The problem
A bare number is all that is needed: how many lines below contain the string "omega"?

*** Opening of Excerpted data ***

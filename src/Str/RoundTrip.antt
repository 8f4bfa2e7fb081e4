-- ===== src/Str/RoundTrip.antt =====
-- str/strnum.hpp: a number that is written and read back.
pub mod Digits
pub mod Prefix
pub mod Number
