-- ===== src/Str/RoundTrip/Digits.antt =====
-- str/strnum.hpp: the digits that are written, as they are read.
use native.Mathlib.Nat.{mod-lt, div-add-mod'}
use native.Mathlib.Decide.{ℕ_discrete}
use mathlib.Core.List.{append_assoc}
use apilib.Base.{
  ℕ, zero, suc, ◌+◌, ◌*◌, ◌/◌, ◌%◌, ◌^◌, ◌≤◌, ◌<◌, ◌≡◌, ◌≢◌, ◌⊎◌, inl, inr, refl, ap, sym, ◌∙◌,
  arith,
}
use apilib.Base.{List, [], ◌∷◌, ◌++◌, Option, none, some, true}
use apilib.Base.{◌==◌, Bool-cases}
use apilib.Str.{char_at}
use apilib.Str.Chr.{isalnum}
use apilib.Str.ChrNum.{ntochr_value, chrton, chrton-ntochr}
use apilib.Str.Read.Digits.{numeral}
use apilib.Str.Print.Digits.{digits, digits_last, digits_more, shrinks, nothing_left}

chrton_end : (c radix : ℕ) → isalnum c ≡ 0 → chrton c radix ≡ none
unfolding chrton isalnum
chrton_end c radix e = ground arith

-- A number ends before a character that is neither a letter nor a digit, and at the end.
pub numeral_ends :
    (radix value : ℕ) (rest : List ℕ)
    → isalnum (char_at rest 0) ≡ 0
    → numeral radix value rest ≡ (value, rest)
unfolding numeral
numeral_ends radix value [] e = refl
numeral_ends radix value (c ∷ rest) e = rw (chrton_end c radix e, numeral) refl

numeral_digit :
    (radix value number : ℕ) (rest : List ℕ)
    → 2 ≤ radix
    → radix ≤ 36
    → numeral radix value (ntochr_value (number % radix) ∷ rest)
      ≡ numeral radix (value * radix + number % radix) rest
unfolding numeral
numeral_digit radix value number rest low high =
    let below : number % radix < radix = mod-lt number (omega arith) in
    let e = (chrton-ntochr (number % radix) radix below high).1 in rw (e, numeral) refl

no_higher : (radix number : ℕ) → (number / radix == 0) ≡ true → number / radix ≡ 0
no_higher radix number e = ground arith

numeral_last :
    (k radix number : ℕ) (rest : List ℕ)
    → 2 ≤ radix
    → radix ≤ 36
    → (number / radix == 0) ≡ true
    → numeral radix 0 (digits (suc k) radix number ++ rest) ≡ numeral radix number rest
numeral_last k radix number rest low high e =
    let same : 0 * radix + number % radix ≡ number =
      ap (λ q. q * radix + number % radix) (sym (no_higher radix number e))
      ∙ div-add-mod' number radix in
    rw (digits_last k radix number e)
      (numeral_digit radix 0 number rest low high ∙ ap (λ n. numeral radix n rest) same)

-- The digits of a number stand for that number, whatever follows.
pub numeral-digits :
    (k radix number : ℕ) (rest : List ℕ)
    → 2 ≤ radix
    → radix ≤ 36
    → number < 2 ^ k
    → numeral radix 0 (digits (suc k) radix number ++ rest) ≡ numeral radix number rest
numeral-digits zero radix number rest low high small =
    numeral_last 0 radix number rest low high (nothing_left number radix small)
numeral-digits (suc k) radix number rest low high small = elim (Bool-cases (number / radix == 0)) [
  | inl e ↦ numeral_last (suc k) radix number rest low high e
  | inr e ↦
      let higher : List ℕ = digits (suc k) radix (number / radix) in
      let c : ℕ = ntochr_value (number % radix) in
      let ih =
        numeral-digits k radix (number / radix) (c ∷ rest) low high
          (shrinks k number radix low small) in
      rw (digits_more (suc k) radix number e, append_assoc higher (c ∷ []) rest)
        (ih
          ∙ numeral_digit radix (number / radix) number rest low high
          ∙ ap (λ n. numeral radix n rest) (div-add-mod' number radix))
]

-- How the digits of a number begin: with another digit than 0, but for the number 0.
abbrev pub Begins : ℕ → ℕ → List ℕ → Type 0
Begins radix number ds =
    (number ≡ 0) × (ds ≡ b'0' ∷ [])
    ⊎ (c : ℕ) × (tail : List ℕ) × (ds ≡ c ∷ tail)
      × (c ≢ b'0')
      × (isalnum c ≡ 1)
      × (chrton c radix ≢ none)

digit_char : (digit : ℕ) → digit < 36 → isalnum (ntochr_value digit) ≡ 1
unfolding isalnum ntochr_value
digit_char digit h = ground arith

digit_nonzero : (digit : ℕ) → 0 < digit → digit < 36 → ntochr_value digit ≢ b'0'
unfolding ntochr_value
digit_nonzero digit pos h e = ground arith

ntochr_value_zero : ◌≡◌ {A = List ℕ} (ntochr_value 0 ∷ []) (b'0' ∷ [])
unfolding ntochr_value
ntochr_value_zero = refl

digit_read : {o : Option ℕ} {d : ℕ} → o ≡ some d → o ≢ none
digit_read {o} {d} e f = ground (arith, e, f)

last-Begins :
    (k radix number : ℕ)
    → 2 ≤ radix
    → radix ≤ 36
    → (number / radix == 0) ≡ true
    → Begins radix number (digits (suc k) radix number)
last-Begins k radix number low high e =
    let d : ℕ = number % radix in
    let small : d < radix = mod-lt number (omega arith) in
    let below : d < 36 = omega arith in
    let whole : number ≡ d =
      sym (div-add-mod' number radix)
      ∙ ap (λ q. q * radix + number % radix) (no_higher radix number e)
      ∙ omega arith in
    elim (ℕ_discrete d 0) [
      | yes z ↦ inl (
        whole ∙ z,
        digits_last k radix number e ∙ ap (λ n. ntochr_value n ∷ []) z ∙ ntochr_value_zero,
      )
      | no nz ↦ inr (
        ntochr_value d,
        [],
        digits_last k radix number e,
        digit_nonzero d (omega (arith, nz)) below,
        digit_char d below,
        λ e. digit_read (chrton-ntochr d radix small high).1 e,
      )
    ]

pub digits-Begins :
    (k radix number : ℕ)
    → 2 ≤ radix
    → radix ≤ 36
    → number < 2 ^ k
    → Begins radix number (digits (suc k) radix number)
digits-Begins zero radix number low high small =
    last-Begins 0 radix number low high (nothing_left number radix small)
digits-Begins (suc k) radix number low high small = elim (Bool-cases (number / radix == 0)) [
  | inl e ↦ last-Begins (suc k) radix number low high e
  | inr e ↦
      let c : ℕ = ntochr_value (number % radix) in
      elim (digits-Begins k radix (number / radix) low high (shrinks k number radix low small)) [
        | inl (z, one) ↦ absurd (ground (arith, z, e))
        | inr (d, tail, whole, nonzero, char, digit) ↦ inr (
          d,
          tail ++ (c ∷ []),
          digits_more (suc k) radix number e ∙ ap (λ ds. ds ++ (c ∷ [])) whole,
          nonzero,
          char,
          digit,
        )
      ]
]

*** Close of Excerpted data ***

Task result
5